For the first time in my life, I mean it: I’m not interested. My most recent escapades in the valleys and mountains of love have left me thoroughly exhausted. I’m yearning for more of this life of solitude I have been living for the last 6 months. Actually, that’s a stretch. I was still pining after somebody until about a month ago.
I may also be lying about not being interested because when I do go out I do still find myself scoping out the ‘hotties’ in the vicinity but I fear that it’s purely out of habit. The thing is the universe seems to agree that I should stay single and uninterested for a while. Every cute guy I see has something or another wrong with him: he’s married or taken, or too young or too old, or just plain uninterested. And when I think about it, even if he was interested I’m not so sure I would actually want to do anything about it.

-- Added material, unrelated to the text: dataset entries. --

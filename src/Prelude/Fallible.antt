-- ===== src/Prelude/Fallible.antt =====
-- A Go function that returns `(A, error)`: a value, or an error in its place.

pub data Except {ℓ κ} (E : Type ℓ) (A : Type κ) : Type (ℓ ⊔ κ) where
  ok : A → Except E A
  err : E → Except E A
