-- ===== src/Value.antt =====
-- Go's `any` where the program keeps JSON-shaped data in it (`map[string]any`, `[]any`, strings,
-- numbers, booleans, nil), with the accessors that the Go code spells as a map read and a type
-- assertion. A map is an association list: the first entry of a key is the one that is read.
use compshare_agent.Prelude.{ℕ, String, Bool, Option, none, some, if◌then◌else◌, str_eq}

mutual
  pub data Fields : Type 0 where
    field : (key : String) → Value → Fields → Fields
    end : Fields

  pub data Items : Type 0 where
    cons : (item : Value) → Items → Items
    nil : Items

  pub data Value : Type 0 where
    obj : Fields → Value
    arr : Items → Value
    str : String → Value
    num : ℕ → Value
    bool : Bool → Value
    null : Value

-- `v, ok := m[key]`.
unfoldable pub get_field : String → Fields → Option Value
get_field k end = none
get_field k (field j v m) = if str_eq j k then some v else get_field k m

-- `m[key] = v`.
unfoldable pub set_field : String → Value → Fields → Fields
set_field k v end = field k v end
set_field k v (field j w m) =
    let rest = set_field k v m in if str_eq j k then field j v m else field j w rest

-- `s, _ := v.(string)`; the zero value where the assertion fails.
unfoldable pub string_of : Option Value → String
string_of (some (str s)) = s
string_of _ = ""

-- `b, _ := v.(bool)`.
unfoldable pub bool_of : Option Value → Bool
bool_of (some (bool b)) = b
bool_of _ = Bool.false

-- `m, _ := v.(map[string]any)`; nil where the assertion fails.
unfoldable pub fields_of : Option Value → Option Fields
fields_of (some (obj m)) = some m
fields_of _ = none

-- `xs, _ := v.([]any)`; nil, read as the empty list, where the assertion fails.
unfoldable pub items_of : Option Value → Items
items_of (some (arr xs)) = xs
items_of _ = nil
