-- ===== src/Workflow/Form.antt =====
-- internal/workflow/types.go: the editable confirmation form. Only the fields that the code
-- branches on are kept (labels, notes and step metadata are presentation). The zero value of a
-- Go string is "".
pub mod Validation
use compshare_agent.Prelude.{
  String, Bool, true, false, ◌&&◌, not, Option, none, some, List, [], ◌∷◌, if◌then◌else◌, str_eq,
}

pub record FormOption : Type 0 where
  pub value : String
  pub disabled : Bool

pub record FormField : Type 0 where
  pub key : String
  pub value : String
  pub editable : Bool
  pub options : List FormOption

pub record ConfirmForm : Type 0 where
  pub fields : List FormField

-- `map[string]string`, in the order in which Go's `range` happens to visit it.
abbrev pub Overrides : Type 0
Overrides = List (String × String)

-- ConfirmForm.Field: the first field with the key.
unfoldable pub find_field : String → List FormField → Option FormField
find_field k [] = none
find_field k (f ∷ fs) = if str_eq f.key k then some f else find_field k fs

-- The inner loop of ValidateOverrides.
unfoldable pub offers : String → List FormOption → Bool
offers v [] = false
offers v (o ∷ os) = if str_eq o.value v && not o.disabled then true else offers v os

pub data FormError : Type 0 where
  not_editable : String → FormError
  not_offered : String → FormError

-- One iteration of the loop of ValidateOverrides; `none` lets the loop go on.
unfoldable pub validate_one : List FormField → String → String → Option FormError
validate_one fields k v = elim (find_field k fields) [
  | none ↦ some (not_editable k)
  | some f ↦
      if not f.editable
      then some (not_editable k)
      else if offers v f.options
      then none
      else some (not_offered k)
]

-- ConfirmForm.ValidateOverrides: the first violation in the order of the map's iteration.
unfoldable pub validate_overrides : ConfirmForm → Overrides → Option FormError
validate_overrides form [] = none
validate_overrides form ((k, v) ∷ rest) =
    let later = validate_overrides form rest in
    elim (validate_one form.fields k v) [ none ↦ later | some e ↦ some e ]

-- `out[key] = value` on a `map[string]string`.
unfoldable pub put_override : String → String → Overrides → Overrides
put_override k v [] = (k, v) ∷ []
put_override k v ((j, w) ∷ m) = if str_eq j k then (k, v) ∷ m else (j, w) ∷ put_override k v m

-- The loop of FormDefaultOverrides.
unfoldable pub default_from : List FormField → Overrides → Overrides
default_from [] out = out
default_from (f ∷ fs) out =
    default_from fs
      (if f.editable && not (str_eq f.value "") then put_override f.key f.value out else out)

unfoldable pub form_default_overrides : ConfirmForm → Overrides
unfolding default_from put_override
form_default_overrides form = default_from form.fields []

I’m not sad either. I’m perfectly happy going home and knowing that I have no one to worry about; no one to cook for. I have no one to update if I have to work late, or change my plans suddenly. I’m even enjoying my army of pillows that surround me in my queen sized bed. And I love not having to consider that someone I might be cooking for doesn’t like cucumbers or cooked carrots or whatever the hell other weird food consideration. To put it in good ol’ Johnny1’s words, I’m perfectly lonely.
I don’t think this is going to last forever; no, I love ‘love’ way too much for that. But right now, I’m just tired of sharing so much of my heart all the time. Something that makes me a little sad to say because I really liked being able to do that without much hesitance. Oh well though, everything happens for a reason.
So tell me, has this ever happened to you?